Hawker Britton
- Type: Subsidiary
- Industry: Government relations, lobbying, communications
- Founder: Bruce Hawker, David Britton
- Headquarters: Canberra
- Parent: WPP AUNZ, WPP plc
- Website: http://www.hawkerbritton.com/

= Hawker Britton =

Australian lobbying and political consulting firm

Hawker Britton is a lobbying and political consulting firm, headquartered in Australia. It is known to have influence with the Australian Labor Party.

It has the largest number of clients on the Australian Government Federal Lobbyist Register, and has multiple offices in Australia and New Zealand. It is majority owned by WPP AUNZ, a marketing conglomerate headquartered in Australia, New Zealand, and South East Asia; itself a subsidiary of the WPP plc conglomerate.

==Corporate history==
Hawker Britton was established in 1997 by Bruce Hawker and David Britton. Before starting the company, Hawker was chief of staff to New South Wales Premier Bob Carr, and Britton was Carr's senior media advisor.

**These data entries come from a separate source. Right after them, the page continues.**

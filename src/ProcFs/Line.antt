-- ===== src/ProcFs/Line.antt =====
-- `ProcFs::readStat`: a line of /proc/PID/stat is cut into fields.
pub mod Fields
pub mod Numbers
pub mod Printed
pub mod RoundTrip
use kexplorer_server.Prelude.{
  ℕ, zero, suc, ◌+◌, ◌/◌, ◌%◌, ◌^◌, Bool, true, false, ◌||◌, Option, none, some, List, [], ◌∷◌,
  ◌++◌, if◌then◌else◌, ◌==◌, length, null, get_or,
}
use kexplorer_server.Prelude.Int.{ℤ, pos}
use kexplorer_server.Prelude.Text.{Str, codes}
use kexplorer_server.Prelude.Numerals.{is_space}
use kexplorer_server.ProcFs.Stat.{Stat, no_stat, set_field}

abbrev pub onto_first : ℕ → List Str → List Str
onto_first c [] = (c ∷ []) ∷ []
onto_first c (l ∷ ls) = (c ∷ l) ∷ ls

-- The texts that `std::getline(stream, s, d)` gives before it fails.
unfoldable pub pieces : ℕ → Str → List Str
pieces d [] = []
pieces d (c ∷ s) = if c == d then [] ∷ pieces d s else onto_first c (pieces d s)

-- What one `std::getline` leaves in an empty string.
abbrev pub first_line : Str → Str
first_line s = get_or (pieces 10 s) 0 []

-- `*end && !std::isspace(*end)` fails.
abbrev pub stops : ℕ → Bool
stops c = c == 0 || is_space c

-- `std::strrchr(s, ')')`: how far behind the head of the text the last closing parenthesis stands.
unfoldable pub last_paren : Str → Option ℕ
last_paren [] = none
last_paren (c ∷ s) =
    if c == 0
    then none
    else (elim (last_paren s) [ some i ↦ some (i + 1) | none ↦ if c == b')' then some 0 else none ])

-- What a field takes of the text, and the rest.
abbrev pub keep : ℕ → Option (Str × Str) → Option (Str × Str)
keep c none = none
keep c (some (f, r)) = some (c ∷ f, r)

-- The inner loop, with how many bytes are still to be passed over, up to a closing parenthesis;
-- `none` is an invalid record.
unfoldable pub take_field : ℕ → Str → Option (Str × Str)
take_field skip [] = some ([], [])
take_field (suc skip) (c ∷ s) = keep c (take_field skip s)
take_field zero (c ∷ s) = elim (stops c) [
  | true ↦ some ([], c ∷ s)
  | false ↦ elim (c == b'(') [
    | false ↦ keep c (take_field zero s)
    | true ↦ elim (last_paren s) [ none ↦ none | some i ↦ keep c (take_field (i + 1) s) ]
  ]
]

-- `fromRelativeTime`, given the time of boot and the clock ticks per second.
unfoldable pub from_relative_time : ℕ → ℕ → ℕ → ℕ
from_relative_time boot_time clock_res relative = (boot_time + relative / clock_res) % 2 ^ 64

module _ (strtod : Str → ℤ) where
  -- A field that is not empty is used.
  use_field : ℕ → Str → Str → Stat → Stat
  use_field index field from st = if null field then st else set_field strtod index field from st

  -- The loop over the fields behind the first; the text starts with a separator. Each round takes one
  -- byte at least, so its length is fuel enough. `false`: the record is invalid.
  unfoldable pub read_fields : ℕ → ℕ → Str → Stat → Stat × Bool
  read_fields fuel index [] st = (st, true)
  read_fields zero index (c ∷ s) st = (st, false)
  read_fields (suc fuel) index (c ∷ s) st = elim (take_field 0 s) [
    | none ↦ (st, false)
    | some (f, r) ↦ read_fields fuel (index + 1) r (set_field strtod index (c ∷ f) (c ∷ s) st)
  ]

  -- The whole loop; the first field has no separator.
  unfoldable pub read_line : Str → Stat → Stat × Bool
  unfolding take_field read_fields use_field
  read_line [] st = (st, true)
  read_line (c ∷ s) st = elim (take_field 0 (c ∷ s)) [
    | none ↦ (st, false)
    | some (f, r) ↦ read_fields (length (c ∷ s)) 1 r (use_field 0 f (c ∷ s) st)
  ]

  -- The last lines of `readStat`.
  unfoldable pub conclude_stat : ℕ → ℕ → Stat × Bool → Stat
  unfolding from_relative_time
  conclude_stat boot_time clock_res (st, false) = record st {
    error = codes "Invalid process stat record";
  }
  conclude_stat boot_time clock_res (st, true) = record st {
    start_time = from_relative_time boot_time clock_res st.usage.starttime;
    valid = true;
  }

  -- `readStat`, given the owner of the process's directory (`none`: no such process), the
  -- contents of its file `stat` (`none`: it cannot be opened), the time of boot and the clock ticks per second.
  unfoldable pub read_stat : ℕ → ℕ → ℤ → Option ℕ → Option Str → Stat
  unfolding read_line conclude_stat pieces
  read_stat boot_time clock_res pid none file = record no_stat {
    pid = pid;
    error = codes "Process not found";
  }
  read_stat boot_time clock_res pid (some uid) none = record no_stat {
    pid = pid;
    ruid = uid;
    error = codes "Failed to open process";
  }
  read_stat boot_time clock_res pid (some uid) (some file) =
      conclude_stat boot_time clock_res
        (read_line (first_line file) (record no_stat { pid = pid; ruid = uid }))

The firm has provided political campaign consultancy services for more than thirty elections. Britton left in 2005 and Hawker left in December 2010.

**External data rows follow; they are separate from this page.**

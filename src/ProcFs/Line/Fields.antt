-- ===== src/ProcFs/Line/Fields.antt =====
-- How a line is cut into fields, and what the fields from the eighth on leave alone.
use kexplorer_server.Prelude.{
  ℕ, zero, suc, ◌+◌, ◌≤◌, ◌≡◌, refl, ap, sym, ◌∙◌, Bool, true, false, Option, none, some, [], ◌∷◌,
  ◌++◌, ◌==◌, ==_ne, length, length-append, append_assoc, Bool-cases, Option-cases, inl, inr, arith,
  get_or,
}
use kexplorer_server.Prelude.Int.{ℤ}
use kexplorer_server.Prelude.Text.{Str}
use kexplorer_server.ProcFs.Stat.{Stat, set_field}
use kexplorer_server.ProcFs.Line.{
  pieces, first_line, stops, last_paren, keep, take_field, read_fields,
}

-- Bytes that neither end a field nor open a parenthesis.
abbrev pub Plain : Str → Type 0
Plain [] = Unit {0}
Plain (c ∷ s) = (stops c ≡ false) × ((c == b'(') ≡ false) × Plain s

-- The end of a field.
abbrev pub Stopped : Str → Type 0
Stopped [] = Unit {0}
Stopped (c ∷ s) = stops c ≡ true

pub take_field-Stopped : (r : Str) → Stopped r → take_field 0 r ≡ some ([], r)
unfolding take_field
take_field-Stopped [] h = refl
take_field-Stopped (c ∷ s) h = rw (h, take_field)

pub take_field-Plain : (t r : Str) → Plain t → Stopped r → take_field 0 (t ++ r) ≡ some (t, r)
unfolding take_field
take_field-Plain [] r p h = take_field-Stopped r h
take_field-Plain (c ∷ t) r (a, b, p) h = rw (a, b, take_field, take_field-Plain t r p h)

take_field_skip : (p r : Str) → Stopped r → take_field (length p) (p ++ r) ≡ some (p, r)
unfolding take_field
take_field_skip [] r h = take_field-Stopped r h
take_field_skip (c ∷ p) r h = ap (keep c) (take_field_skip p r h)

-- Bytes of a process's name: any but NUL.
abbrev pub Name : Str → Type 0
Name [] = Unit {0}
Name (c ∷ s) = ((c == 0) ≡ false) × Name s

-- Bytes that do not end a line.
abbrev pub Unbroken : Str → Type 0
Unbroken [] = Unit {0}
Unbroken (c ∷ s) = ((c == 10) ≡ false) × Unbroken s

pub append-Unbroken : (s t : Str) → Unbroken s → Unbroken t → Unbroken (s ++ t)
append-Unbroken [] t a b = b
append-Unbroken (c ∷ s) t (e, a) b = (e, append-Unbroken s t a b)

-- The first piece, in a text that has one.
piece-Unbroken : (s more : Str) → Unbroken s → pieces 10 (s ++ (10 ∷ more)) ≡ s ∷ pieces 10 more
unfolding pieces
piece-Unbroken [] more u = refl
piece-Unbroken (c ∷ s) more (e, u) = rw (e, piece-Unbroken s more u, pieces)

pub first_line-Unbroken : (s more : Str) → Unbroken s → first_line (s ++ (10 ∷ more)) ≡ s
first_line-Unbroken s more u = ap (λ ls. get_or ls 0 []) (piece-Unbroken s more u)

pub last_paren-append :
    (name rest : Str)
    → Name name
    → last_paren rest ≡ none
    → last_paren (name ++ (b')' ∷ rest)) ≡ some (length name)
unfolding last_paren
last_paren-append [] rest n h = rw (h, last_paren)
last_paren-append (c ∷ name) rest (a, n) h =
    rw (a, last_paren, last_paren-append name rest n h) (ap some (omega arith))

pub take_field_name :
    (name rest : Str)
    → Name name
    → last_paren rest ≡ none
    → Stopped rest
    → take_field 0 (b'(' ∷ (name ++ (b')' ∷ rest))) ≡ some (b'(' ∷ (name ++ (b')' ∷ [])), rest)
unfolding take_field
take_field_name name rest n h st =
    rw (last_paren-append name rest n h, take_field) (ap (keep b'(') passed)
  where
    long : length name + 1 ≡ length (name ++ (b')' ∷ []))
    long = omega (arith, length-append name (b')' ∷ []))

    apart : name ++ (b')' ∷ rest) ≡ (name ++ (b')' ∷ [])) ++ rest
    apart = sym (append_assoc name (b')' ∷ []) rest)

    passed : take_field (length name + 1) (name ++ (b')' ∷ rest)) ≡ some (name ++ (b')' ∷ []), rest)
    passed = (λ i. take_field (long i) (apart i)) ∙ take_field_skip (name ++ (b')' ∷ [])) rest st

-- What a field leaves is no longer than what it was given.
abbrev left : Option (Str × Str) → ℕ
left none = 0
left (some (f, r)) = length r

left-keep : (c : ℕ) (o : Option (Str × Str)) → left (keep c o) ≡ left o
left-keep c none = refl
left-keep c (some (f, r)) = refl

left-take_field : (n : ℕ) (s : Str) → left (take_field n s) ≤ length s
unfolding take_field
left-take_field n [] = omega arith
left-take_field (suc n) (c ∷ s) = omega (arith, left-keep c (take_field n s), left-take_field n s)
left-take_field zero (c ∷ s) = elim (Bool-cases (stops c)) [
  | inl ends ↦ rw (ends, take_field) (omega arith)
  | inr more ↦ elim (Bool-cases (c == b'(')) [
    | inr plain ↦
        rw (more, plain, take_field)
          (omega (arith, left-keep c (take_field 0 s), left-take_field 0 s))
    | inl opens ↦ elim (Option-cases (last_paren s)) [
      | inl open_ended ↦ rw (more, opens, open_ended, take_field) (omega arith)
      | inr (i, closes) ↦
          rw (more, opens, closes, take_field)
            (omega (arith, left-keep c (take_field (i + 1) s), left-take_field (i + 1) s))
    ]
  ]
]

pub take_field-length :
    (n : ℕ) (s : Str) {f r : Str} → take_field n s ≡ some (f, r) → length r ≤ length s
take_field-length n s h = omega (arith, ap left h, left-take_field n s)

module _ (strtod : Str → ℤ) where
  -- Any fuel that covers the text gives the same.
  pub read_fields_fuel :
      (f g i : ℕ) (s : Str) (st : Stat)
      → length s ≤ f
      → length s ≤ g
      → read_fields strtod f i s st ≡ read_fields strtod g i s st
  unfolding read_fields
  read_fields_fuel f g i [] st h k = refl
  read_fields_fuel zero g i (c ∷ s) st h k = absurd (omega arith)
  read_fields_fuel (suc f) zero i (c ∷ s) st h k = absurd (omega arith)
  read_fields_fuel (suc f) (suc g) i (c ∷ s) st h k = elim (Option-cases (take_field 0 s)) [
    | inl bad ↦ rw (bad, read_fields)
    | inr ((t, r), good) ↦
        let shorter = take_field-length 0 s good in
        rw (good, read_fields)
          (read_fields_fuel f g (i + 1) r (set_field strtod i (c ∷ t) (c ∷ s) st) (omega arith)
            (omega arith))
  ]

  abbrev pub fields : ℕ → Str → Stat → Stat × Bool
  fields i s st = read_fields strtod (length s) i s st

  -- One round, for a field that is known.
  pub fields_step :
      (i c : ℕ) (s t r : Str) (st : Stat)
      → take_field 0 s ≡ some (t, r)
      → fields i (c ∷ s) st ≡ fields (i + 1) r (set_field strtod i (c ∷ t) (c ∷ s) st)
  unfolding read_fields
  fields_step i c s t r st h =
      rw (h, read_fields)
        (read_fields_fuel (length s) (length r) (i + 1) r _ (take_field-length 0 s h) (omega arith))

  -- The fields that a process list shows.
  abbrev pub early : Stat → ℤ × Str × ℕ × ℤ × ℤ × ℤ × ℤ × ℤ
  early st = (st.pid, st.comm, st.state, st.ppid, st.pgrp, st.session, st.tty_nr, st.tpgid)

  set_field_late :
      (i : ℕ) (field from : Str) (st : Stat)
      → 8 ≤ i
      → early (set_field strtod i field from st) ≡ early st
  unfolding set_field
  set_field_late i field from st h =
      let e0 : (i == 0) ≡ false = ==_ne i 0 (λ e. omega (arith, e)) in
      let e1 : (i == 1) ≡ false = ==_ne i 1 (λ e. omega (arith, e)) in
      let e2 : (i == 2) ≡ false = ==_ne i 2 (λ e. omega (arith, e)) in
      let e3 : (i == 3) ≡ false = ==_ne i 3 (λ e. omega (arith, e)) in
      let e4 : (i == 4) ≡ false = ==_ne i 4 (λ e. omega (arith, e)) in
      let e5 : (i == 5) ≡ false = ==_ne i 5 (λ e. omega (arith, e)) in
      let e6 : (i == 6) ≡ false = ==_ne i 6 (λ e. omega (arith, e)) in
      let e7 : (i == 7) ≡ false = ==_ne i 7 (λ e. omega (arith, e)) in
      rw (e0, e1, e2, e3, e4, e5, e6, e7)

  pub read_fields_late :
      (f i : ℕ) (s : Str) (st : Stat) → 8 ≤ i → early (read_fields strtod f i s st).0 ≡ early st
  unfolding read_fields
  read_fields_late f i [] st h = refl
  read_fields_late zero i (c ∷ s) st h = refl
  read_fields_late (suc f) i (c ∷ s) st h = elim (Option-cases (take_field 0 s)) [
    | inl bad ↦ rw (bad, read_fields)
    | inr ((t, r), good) ↦
        rw (good, read_fields)
          (read_fields_late f (i + 1) r (set_field strtod i (c ∷ t) (c ∷ s) st) (omega arith)
            ∙ set_field_late i (c ∷ t) (c ∷ s) st h)
  ]

-- No opening parenthesis.
abbrev pub Unopened : Str → Type 0
Unopened [] = Unit {0}
Unopened (c ∷ s) = ((c == b'(') ≡ false) × Unopened s

take_field-Unopened :
    (s : Str) → Unopened s → (t : Str) × (r : Str) × (take_field 0 s ≡ some (t, r)) × Unopened r
unfolding take_field
take_field-Unopened [] u = ([], [], refl, tt)
take_field-Unopened (c ∷ s) (a, u) = elim (Bool-cases (stops c)) [
  | inl ends ↦ ([], c ∷ s, rw (ends, take_field), (a, u))
  | inr more ↦
      let (t, r, e, v) = take_field-Unopened s u in
      (c ∷ t, r, rw (more, a, take_field) (ap (keep c) e), v)
]

pub read_fields-Unopened :
    (strtod : Str → ℤ) (f i : ℕ) (s : Str) (st : Stat)
    → length s ≤ f
    → Unopened s
    → (read_fields strtod f i s st).1 ≡ true
unfolding read_fields
read_fields-Unopened strtod f i [] st h u = refl
read_fields-Unopened strtod zero i (c ∷ s) st h u = absurd (omega arith)
read_fields-Unopened strtod (suc f) i (c ∷ s) st h (a, u) =
    let (t, r, e, v) = take_field-Unopened s u in
    rw (e, read_fields)
      (read_fields-Unopened strtod f (i + 1) r (set_field strtod i (c ∷ t) (c ∷ s) st)
        (omega (arith, take_field-length 0 s e)) v)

=== Contemporary management ===
The current managing director is Justin Di Lollo, a former staffer to Labor leader Kim Beazley. Di Lollo also heads the STW Group government relations function. Simon Banks is the company's federal director.

== Clients ==
In South Australia, some of Hawker Britton's clients include: Adelaide Airport, APA Group, Bunnings, Engie, Expedia, Fantastic Furniture, Free TV, Heathgate Resources, Hewlett Packard Enterprise, Liberty Steel Group, Lockheed Martin, McDonald's, Medibank, Motorola, Officeworks, QBE, Red Bull, and Serco.